*** Opening of Material for this task ***

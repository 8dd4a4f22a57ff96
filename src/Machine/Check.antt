-- ===== src/Machine/Check.antt =====
-- One check of core/machine.py: its settings, its state, and what each operation of `StateMachine`
-- does to them.
use health_mon.Common.{
  ℕ, ◌+◌, ◌-◌, ◌*◌, ◌/◌, ◌^◌, min, max, String, Bool, false, not, ◌||◌, Option, none, some, ltb,
  leb, ◌==◌, if◌then◌else◌,
}
use health_mon.Model.{Status, CheckResult, same_status}

pub record CheckSpec : Type 0 where
  pub name : String
  pub critical : Bool
  pub enabled : Bool
  pub interval : ℕ
  pub timeout : ℕ
  pub ttl : ℕ
  pub failure_threshold : ℕ
  pub success_threshold : ℕ
  pub breaker_threshold : ℕ
  pub jitter : ℕ  -- thousandths
  pub max_silence : ℕ
  pub backoff_initial : ℕ
  pub backoff_max : ℕ
  pub backoff_multiplier : ℕ  -- thousandths
  pub backoff_jitter : ℕ  -- thousandths
  pub max_backoff : Option ℕ

-- CheckSpec.__post_init__
unfoldable pub post_init : CheckSpec → CheckSpec
post_init spec = elim spec.max_backoff [
  | none ↦ record spec { max_backoff = some spec.backoff_max }
  | some m ↦ record spec { backoff_max = m; max_backoff = some m }
]

pub record CheckState : Type 0 where
  pub effective : Status
  pub consecutive_fail : ℕ
  pub consecutive_ok : ℕ
  pub last_result : Option CheckResult
  pub last_ok_at : Option ℕ
  pub backoff_step : ℕ
  pub transitions : ℕ
  pub next_due : ℕ
  pub entered_at : ℕ

abbrev pub new_state : CheckState
new_state = record {
  effective = Status.unknown;
  consecutive_fail = 0;
  consecutive_ok = 0;
  last_result = none;
  last_ok_at = none;
  backoff_step = 0;
  transitions = 0;
  next_due = 0;
  entered_at = 0;
}

abbrev pub one : ℕ
one = 1000

abbrev pub backoff_limit : ℕ
backoff_limit = 12

-- min(backoff_initial * backoff_multiplier ** (backoff_step - 1), backoff_max)
unfoldable pub backoff_base : CheckSpec → ℕ → ℕ
backoff_base spec step =
    min (spec.backoff_initial * spec.backoff_multiplier ^ (step - 1) / one ^ (step - 1))
      spec.backoff_max

-- StateMachine.next_interval
unfoldable pub check_interval : CheckSpec → CheckState → ℕ
check_interval spec st =
    if st.backoff_step == 0 then spec.interval else backoff_base spec st.backoff_step

unfoldable pub spread_of : CheckSpec → CheckState → ℕ
spread_of spec st = if st.backoff_step == 0 then spec.jitter else spec.backoff_jitter

-- `monotonic() + base * (1.0 + uniform(-spread, spread))`, where `uniform(a, b)` is
-- `a + (b - a) * random()` and `draw` is the value of `random()`.
unfoldable pub jittered : ℕ → ℕ → ℕ → ℕ → ℕ
jittered now base spread draw =
    (now * (one * one) + base * (one * one + 2 * spread * draw) - base * spread * one) / (one * one)

-- StateMachine._schedule
unfoldable pub schedule : CheckSpec → CheckState → ℕ → ℕ → ℕ
schedule spec st now draw = jittered now (check_interval spec st) (spread_of spec st) draw

is_bad : Status → Bool
is_bad previous = same_status previous Status.failing || same_status previous Status.degraded

-- The ladder of `apply` on `result.status`, with the state as it was before.
unfoldable pub tally : Status → CheckSpec → CheckState → CheckResult → CheckState
unfolding is_bad
tally Status.failing spec st result =
    let fails = st.consecutive_fail + 1 in
    record st {
      effective = if leb spec.failure_threshold fails then Status.failing else st.effective;
      consecutive_fail = fails;
      consecutive_ok = 0;
    }
tally Status.ok spec st result =
    let oks = st.consecutive_ok + 1 in
    record st {
      effective =
          if not (is_bad st.effective) || leb spec.success_threshold oks
          then Status.ok
          else st.effective;
      consecutive_fail = 0;
      consecutive_ok = oks;
      last_ok_at = some result.checked_at;
      backoff_step = 0;
    }
tally Status.degraded spec st result = record st {
  effective = Status.degraded;
  consecutive_fail = 0;
  consecutive_ok = 0;
}
tally _ spec st result = record st { effective = Status.unknown; consecutive_ok = 0 }

-- Counts a change of the effective status, and stamps it with the time `at`.
unfoldable pub note_transition : Status → ℕ → CheckState → CheckState
note_transition previous at st =
    if same_status st.effective previous
    then st
    else record st { transitions = st.transitions + 1; entered_at = at }

unfoldable pub engage_backoff : CheckSpec → CheckState → CheckState
engage_backoff spec st =
    if leb spec.failure_threshold st.consecutive_fail
    then record st { backoff_step = min (st.backoff_step + 1) backoff_limit }
    else st

unfoldable pub reschedule : CheckSpec → ℕ → ℕ → CheckState → CheckState
reschedule spec now draw st = record st { next_due = schedule spec st now draw }

-- StateMachine.apply on the state of one check.
unfoldable pub apply_check : CheckSpec → CheckState → CheckResult → ℕ → ℕ → CheckState
unfolding tally note_transition engage_backoff reschedule
apply_check spec st result now draw =
    let recorded = tally result.status spec (record st { last_result = some result }) result in
    reschedule spec now draw
      (engage_backoff spec (note_transition st.effective result.checked_at recorded))

-- StateMachine.mark_unknown
unfoldable pub mark_check_unknown : CheckSpec → CheckState → ℕ → ℕ → CheckState
unfolding reschedule
mark_check_unknown spec st now draw =
    let noted =
      if same_status st.effective Status.unknown
      then st
      else record st { transitions = st.transitions + 1; entered_at = now } in
    reschedule spec now draw (record noted { effective = Status.unknown; consecutive_ok = 0 })

-- The state's part of StateMachine.set_enabled
unfoldable pub enable_check : Bool → CheckState → ℕ → CheckState
enable_check enabled st now =
    if enabled then record st { backoff_step = 0; consecutive_fail = 0; next_due = now } else st

-- StateMachine._ttl
unfoldable pub check_ttl : CheckSpec → CheckState → ℕ
check_ttl spec st =
    if st.backoff_step == 0
    then spec.ttl
    else max spec.ttl (check_interval spec st * 2 + spec.timeout)

-- StateMachine.effective. A result from the future has a negative age, which no ttl is below.
unfoldable pub check_effective : CheckSpec → CheckState → ℕ → Status
check_effective spec st now = if not spec.enabled then Status.disabled else elim st.last_result [
  | none ↦ Status.unknown
  | some r ↦ if ltb (check_ttl spec st) (now - r.checked_at) then Status.unknown else st.effective
]

-- StateMachine.due
unfoldable pub check_due : CheckSpec → CheckState → ℕ → Bool
check_due spec st now = if not spec.enabled then false else leb st.next_due now

-- StateMachine.breaker_open
unfoldable pub check_breaker_open : CheckSpec → CheckState → Bool
check_breaker_open spec st = leb spec.breaker_threshold st.consecutive_fail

*** Close of Material for this task ***

In the records above, find each line holding "CheckResult" and copy it.

▶ _Reply to the task_
use health_mon.Model.{Status, CheckResult, same_status}
  pub last_result : Option CheckResult
unfoldable pub tally : Status → CheckSpec → CheckState → CheckResult → CheckState
unfoldable pub apply_check : CheckSpec → CheckState → CheckResult → ℕ → ℕ → CheckState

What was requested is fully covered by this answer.